== Data ==
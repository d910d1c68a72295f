-- ===== src/Participants/Applications/Service.antt =====
-- The methods of `ParticipantApplicationService`.
use creator_first_platform.Base.{
  ℕ, ◌+◌, String, Bool, true, false, Option, none, some, ◌&&◌, ◌==◌, leb, ltb, str_eq, utf16_length,
  if◌then◌else◌,
}
use creator_first_platform.Base.Exec.{
  Exec, Result, ok, err, pure, gets, modify, require, or_throw, ◌>>=◌, ◌>>◌,
}
use creator_first_platform.Base.Exec.Codes.{
  invalid_application_email, invalid_application_name, invalid_application_roles,
  application_consent_required, application_already_exists, application_not_found,
  application_email_already_verified, application_verification_not_found,
  application_not_verifiable, application_verification_expired, application_not_reviewable,
  invalid_rejection_code, invitation_resend_not_available, mail_failed,
}
use creator_first_platform.Account.{Account, Flow, flow_v1, flow_v2, consent_v2}
use creator_first_platform.Participants.Forms.{
  TextMethods, is_valid_email, is_valid_name, valid_roles,
}
use creator_first_platform.Participants.Rows.{
  under_review, RejectionCode, Application, ApplicationEventType, application_created,
  verification_email_sent, email_verified, approval_email_failed, application_approved,
  application_rejected, Database, Invitation,
}
use creator_first_platform.Participants.Store.Applications.{
  is_unverified, is_approvable, is_under_review, is_invited, create_participant_application,
  participant_application_by_id, participant_application_by_owner_id,
  participant_application_by_verification_token_hash,
  rotate_participant_application_verification_token, mark_participant_application_verification_sent,
  verify_participant_application, approve_participant_application,
  fail_participant_application_approval, reject_participant_application,
  record_participant_application_event,
}
use creator_first_platform.Participants.Applications.View.{ParticipantView, participant_view}
use creator_first_platform.Participants.Invitations.Service as Invitations

abbrev pub Service : Type 0 → Type 0
Service = Exec Database

abbrev verification_ttl_ms : ℕ
verification_ttl_ms = 86400000

abbrev verification_resend_cooldown_ms : ℕ
verification_resend_cooldown_ms = 60000

-- The JSON body of an application; `none` is a value that is no text, or no natural number.
pub record ApplicationForm : Type 0 where
  pub email : Option String
  pub display_name : Option String
  pub roles : Option ℕ
  pub accepted_participation : Bool

-- what `validateApplication` returns
pub record ValidApplication : Type 0 where
  pub email : String
  pub display_name : String
  pub roles : ℕ

abbrev or_empty : Option String → String
or_empty none = ""
or_empty (some s) = s

-- `publicApplication(row, this.participantView(row))`: the row and its view
abbrev pub PublicApplication : Type 0
PublicApplication = Application × ParticipantView

abbrev log_event : ℕ → ApplicationEventType → ℕ → Service (Unit {0})
log_event id event_type now = modify (
    record_participant_application_event
      (record { application_id = id; event_type = event_type; occurred_at = now }))

unfoldable pub public_view : ℕ → Application → Service PublicApplication
unfolding participant_view
public_view now row = gets (λ db. (row, participant_view row now db))

abbrev is_some {ℓ} : {A : Type ℓ} → Option A → Bool
is_some none = false
is_some (some _) = true

abbrev is_flow_v1 : Flow → Bool
is_flow_v1 flow_v1 = true
is_flow_v1 flow_v2 = false

-- `row.verification_sent_at && Date.now() - Date.parse(row.verification_sent_at) < COOLDOWN`
abbrev is_cooling_down : Option ℕ → ℕ → Bool
is_cooling_down none now = false
is_cooling_down (some sent) now = ltb now (sent + verification_resend_cooldown_ms)

abbrev same_application : Application → ValidApplication → Bool
same_application row value =
    str_eq row.email value.email
    && str_eq row.display_name value.display_name
    && row.role_bits == value.roles

-- The row with this identifier, which the caller has read before.
abbrev reread : ℕ → Service Application
reread id = do
  found ← gets (participant_application_by_id id)
  or_throw found 404 application_not_found

module _ (digest : String → ℕ) (methods : TextMethods) where
  open methods use {trim, to_lower_case, normalize_nfkc}

  unfoldable pub validate_application : ApplicationForm → Service ValidApplication
  validate_application body = do
    let email = to_lower_case (trim (or_empty body.email))
    let name = normalize_nfkc (trim (or_empty body.display_name))
    require (is_valid_email email) 400 invalid_application_email
    require (is_valid_name name) 400 invalid_application_name
    roles ← or_throw (valid_roles body.roles) 400 invalid_application_roles
    require body.accepted_participation 400 application_consent_required
    pure (record { email = email; display_name = name; roles = roles })

  abbrev pub new_application : ℕ → ValidApplication → ℕ → String → ℕ → Application
  new_application owner value id token now = record {
    application_id = id;
    owner_id = owner;
    verification_token_hash = digest token;
    email = value.email;
    display_name = value.display_name;
    role_bits = value.roles;
    state = under_review;
    created_at = now;
    verification_expires_at = now + verification_ttl_ms;
    verification_sent_at = none;
    verified_at = none;
    reviewed_at = none;
    invitation_id = none;
    rejection_code = none;
    flow_version = flow_v2;
    consent_version = consent_v2;
  }

  unfoldable pub create_new : ℕ → ValidApplication → ℕ → String → ℕ → Service PublicApplication
  unfolding create_participant_application record_participant_application_event
      participant_application_by_id public_view
  create_new owner value id token now = do
    modify (create_participant_application (new_application owner value id token now))
    log_event id application_created now
    row ← reread id
    public_view now row

  unfoldable pub create_or_answer :
      Option Application → ℕ → ValidApplication → ℕ → String → ℕ → Service PublicApplication
  unfolding create_new
  create_or_answer none owner value id token now = create_new owner value id token now
  create_or_answer (some existing) owner value id token now = do
    require (same_application existing value) 409 application_already_exists
    public_view now existing

  -- `create`; `id` and `token` are drawn at random.
  unfoldable pub create : Account → ApplicationForm → ℕ → String → ℕ → Service PublicApplication
  create account body id token now = do
    value ← validate_application body
    existing ← gets (participant_application_by_owner_id account.account_id)
    create_or_answer existing account.account_id value id token now

  -- `sendVerification`, with what the mailer answers
  unfoldable pub send_verification : ℕ → Option ℕ → ℕ → Service (Unit {0})
  send_verification id mail now = do
    delivery ← or_throw mail 500 mail_failed
    modify (mark_participant_application_verification_sent id now)
    log_event id verification_email_sent now

  -- `resend` for an application of the V2 flow
  unfoldable pub resend_invitation :
      Application → String → String → Option ℕ → ℕ → Service PublicApplication
  resend_invitation row key token mail now = do
    require (is_invited row.state) 409 invitation_resend_not_available
    invitation ← or_throw row.invitation_id 409 invitation_resend_not_available
    Invitations.resend digest methods invitation key token mail now
    row' ← reread row.application_id
    public_view now row'

  unfoldable pub send_again : Application → String → Option ℕ → ℕ → Service PublicApplication
  send_again row token mail now = do
    modify (
        rotate_participant_application_verification_token row.application_id (digest token)
          (now + verification_ttl_ms))
    send_verification row.application_id mail now
    row' ← reread row.application_id
    public_view now row'

  -- and of the V1 flow
  unfoldable pub resend_email : Application → String → Option ℕ → ℕ → Service PublicApplication
  resend_email row token mail now = do
    require (is_unverified row.state) 409 application_email_already_verified
    if is_cooling_down row.verification_sent_at now
        then public_view now row
        else send_again row token mail now

  unfoldable pub resend : Account → String → String → Option ℕ → ℕ → Service PublicApplication
  resend account key token mail now = do
    found ← gets (participant_application_by_owner_id account.account_id)
    row ← or_throw found 404 application_not_found
    if is_flow_v1 row.flow_version
        then resend_email row token mail now
        else resend_invitation row key token mail now

  unfoldable pub verify_row : Application → ℕ → Service PublicApplication
  verify_row row now = do
    require (is_unverified row.state) 409 application_not_verifiable
    require (ltb now row.verification_expires_at) 410 application_verification_expired
    modify (verify_participant_application row.application_id now)
    log_event row.application_id email_verified now
    row' ← reread row.application_id
    public_view now row'

  unfoldable pub verify : String → ℕ → Service PublicApplication
  verify token now = do
    require (leb 32 (utf16_length token) && leb (utf16_length token) 128) 404
        application_verification_not_found
    found ← gets (participant_application_by_verification_token_hash (digest token))
    row ← or_throw found 404 application_verification_not_found
    require (is_flow_v1 row.flow_version) 409 application_not_verifiable
    if is_under_review row.state then public_view now row else verify_row row now

  -- `approve` until it awaits the mailer: the row and the new invitation
  unfoldable pub approve_begin : ℕ → ℕ → String → ℕ → Service Invitation
  approve_begin id invitation_id token now = do
    found ← gets (participant_application_by_id id)
    row ← or_throw found 404 application_not_found
    require (is_approvable row.state) 409 application_not_reviewable
    Invitations.create digest methods
        (record {
          email = some row.email;
          display_name = some row.display_name;
          roles = some row.role_bits;
          is_flow_v2 = true;
          expires_in_hours = some 72;
        })
        invitation_id token now

  -- after the mailer: the `catch` and the rest of the method; the source reads
  -- `reviewedAt` before it awaits the mailer
  unfoldable pub approve_end : ℕ → ℕ → Result ℕ → ℕ → Service Application
  approve_end id invitation_id (err f) reviewed_at = do
    modify (fail_participant_application_approval id invitation_id reviewed_at)
    log_event id approval_email_failed reviewed_at
    λ db. (err f, db)
  approve_end id invitation_id (ok sent) reviewed_at = do
    modify (approve_participant_application id invitation_id reviewed_at)
    log_event id application_approved reviewed_at
    reread id

  abbrev attempt : {A : Type 0} → Service A → Service (Result A)
  attempt m db = let (r, db') = m db in (ok r, db')

  unfoldable pub approve : ℕ → ℕ → String → Option ℕ → ℕ → Service Application
  approve id invitation_id token mail now = do
    invitation ← approve_begin id invitation_id token now
    result ← attempt (Invitations.send digest methods invitation.invitation_id token mail now)
    approve_end id invitation.invitation_id result now

-- `reject` until it awaits the mailer; `none` is a code that is not supported.
unfoldable pub reject_begin : ℕ → Option RejectionCode → ℕ → Service (Unit {0})
reject_begin id code now = do
  rejection ← or_throw code 400 invalid_rejection_code
  found ← gets (participant_application_by_id id)
  row ← or_throw found 404 application_not_found
  changes ← λ db. let (db', n) = reject_participant_application id rejection now db in (ok n, db')
  require (changes == 1) 409 application_not_reviewable

-- and after it, with the `reviewedAt` read before
unfoldable pub reject_end : ℕ → Option ℕ → ℕ → Service Application
reject_end id mail reviewed_at = do
  delivery ← or_throw mail 500 mail_failed
  log_event id application_rejected reviewed_at
  reread id

unfoldable pub reject : ℕ → Option RejectionCode → Option ℕ → ℕ → Service Application
reject id code mail now = do reject_begin id code now; reject_end id mail now

abbrev view_found : Option Application → ℕ → Database → Option PublicApplication
view_found none now db = none
view_found (some row) now db = some (row, participant_view row now db)

unfoldable pub current : Account → ℕ → Service (Option PublicApplication)
current account now =
    gets λ db. view_found (participant_application_by_owner_id account.account_id db) now db
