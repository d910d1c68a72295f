-- ===== src/Participants/Applications/Repeats.antt =====
-- An application that is sent again.
use creator_first_platform.Base.{ℕ, String, ◌≡◌, none, some, arith, inl, inr, eq_iff, ◌==◌}
use creator_first_platform.Base.Table.{select-insert}
use creator_first_platform.Base.Exec.{ok, Result-cases}
use creator_first_platform.Account.{Account}
use creator_first_platform.Participants.Forms.{TextMethods}
use creator_first_platform.Participants.Rows.{Application, Database}
use creator_first_platform.Participants.Store.Applications.{
  participant_application_by_owner_id, participant_application_by_id, has_application_id,
}
use creator_first_platform.Participants.Applications.View.{participant_view}
use creator_first_platform.Participants.Applications.Service.{
  ApplicationForm, ValidApplication, PublicApplication, validate_application, new_application,
  create_new, create_or_answer, create, public_view,
}

module _ (digest : String → ℕ) (methods : TextMethods) where
  -- A form is checked without the database.
  validate_application_lem :
      (body : ApplicationForm) (db db' : Database) (v : ValidApplication)
      → (validate_application digest methods body db).0 ≡ ok v
      → (validate_application digest methods body db').0 ≡ ok v
  unfolding validate_application
  validate_application_lem body db db' v h = ground arith

  validate_application_keeps :
      (body : ApplicationForm) (db : Database)
      → (validate_application digest methods body db).1 ≡ db
  unfolding validate_application
  validate_application_keeps body db = ground arith

  create_new_lem :
      (owner : ℕ) (value : ValidApplication) (id : ℕ) (token : String) (now : ℕ) (db : Database)
      → participant_application_by_id id db ≡ none
      → participant_application_by_owner_id owner db ≡ none
      → (answer : PublicApplication)
      → (create_new digest methods owner value id token now db).0 ≡ ok answer
      → (participant_application_by_owner_id owner
            (create_new digest methods owner value id token now db).1
          ≡ some answer.0)
        × (answer.0.email ≡ value.email)
        × (answer.0.display_name ≡ value.display_name)
        × (answer.0.role_bits ≡ value.roles)
  unfolding create_new participant_application_by_owner_id
  create_new_lem owner value id token now db fresh first answer h =
      let row = new_application digest methods owner value id token now in
      ground (
        arith,
        select-insert (λ r. r.owner_id == owner) row db.applications,
        select-insert (has_application_id id) row db.applications,
      )

  create_first :
      (account : Account) (body : ApplicationForm) (id : ℕ) (token : String) (now : ℕ)
      (db : Database)
      → participant_application_by_id id db ≡ none
      → participant_application_by_owner_id account.account_id db ≡ none
      → (answer : PublicApplication)
      → (create digest methods account body id token now db).0 ≡ ok answer
      → (v : ValidApplication) × ((validate_application digest methods body db).0 ≡ ok v)
        × (participant_application_by_owner_id account.account_id
              (create digest methods account body id token now db).1
            ≡ some answer.0)
        × (answer.0.email ≡ v.email)
        × (answer.0.display_name ≡ v.display_name)
        × (answer.0.role_bits ≡ v.roles)
  unfolding create create_or_answer
  create_first account body id token now db fresh first answer h =
      let same = validate_application_keeps body db in
      elim (Result-cases (validate_application digest methods body db).0) [
        | inl (v, r) ↦
            let made =
              create_new_lem account.account_id v id token now db fresh first answer
                (ground arith) in
            (v, r, ground arith, made.1, made.2, made.3)
        | inr (f, r) ↦ absurd (ground arith)
      ]

  create_again :
      (account : Account) (body : ApplicationForm) (id : ℕ) (token : String) (now : ℕ)
      (db : Database) (v : ValidApplication) (row : Application)
      → (validate_application digest methods body db).0 ≡ ok v
      → participant_application_by_owner_id account.account_id db ≡ some row
      → row.email ≡ v.email
      → row.display_name ≡ v.display_name
      → row.role_bits ≡ v.roles
      → create digest methods account body id token now db
        ≡ (ok (row, participant_view row now db), db)
  unfolding create create_or_answer public_view
  create_again account body id token now db v row valid found e n r =
      let same = validate_application_keeps body db in
      ground (arith, eq_iff row.email v.email, eq_iff row.display_name v.display_name)

  -- After an application was created for an account that had none, under an identifier that no row
  -- had, the same form of the same account is answered with the same row, with its view at that
  -- moment, and nothing is written.
  pub create_repeats :
      (account : Account) (body : ApplicationForm) (id : ℕ) (token : String) (now : ℕ)
      (db : Database)
      → participant_application_by_id id db ≡ none
      → participant_application_by_owner_id account.account_id db ≡ none
      → (answer : PublicApplication)
      → (create digest methods account body id token now db).0 ≡ ok answer
      → (id' : ℕ) (token' : String) (now' : ℕ)
      → create digest methods account body id' token' now'
          (create digest methods account body id token now db).1
        ≡ (
          ok (
            answer.0,
            participant_view answer.0 now' (create digest methods account body id token now db).1,
          ),
          (create digest methods account body id token now db).1,
        )
  create_repeats account body id token now db fresh first answer h id' token' now' =
      let (v, valid, found, e, n, r) =
        create_first account body id token now db fresh first answer h in
      create_again account body id' token' now'
        (create digest methods account body id token now db).1 v answer.0
        (validate_application_lem body db _ v valid) found e n r
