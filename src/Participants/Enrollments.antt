-- ===== src/Participants/Enrollments.antt =====
-- apps/gateway/src/ParticipantEnrollmentOperator.js. Its queue runs one `#process` at a time, and
-- no other code writes the enrollment rows, so a run is one step.
pub mod Chain
pub mod Operator
pub mod Progress
pub mod Funding
pub mod Once
pub mod Answers
pub mod Tests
===
Lines that contain "ValidApplication" are the result; find them in the entries above and copy each one.

pub record ValidApplication : Type 0 where
abbrev same_application : Application → ValidApplication → Bool
  unfoldable pub validate_application : ApplicationForm → Service ValidApplication
  abbrev pub new_application : ℕ → ValidApplication → ℕ → String → ℕ → Application
  unfoldable pub create_new : ℕ → ValidApplication → ℕ → String → ℕ → Service PublicApplication
      Option Application → ℕ → ValidApplication → ℕ → String → ℕ → Service PublicApplication
  ApplicationForm, ValidApplication, PublicApplication, validate_application, new_application,
      (body : ApplicationForm) (db db' : Database) (v : ValidApplication)
      (owner : ℕ) (value : ValidApplication) (id : ℕ) (token : String) (now : ℕ) (db : Database)
      → (v : ValidApplication) × ((validate_application digest methods body db).0 ≡ ok v)
      (db : Database) (v : ValidApplication) (row : Application)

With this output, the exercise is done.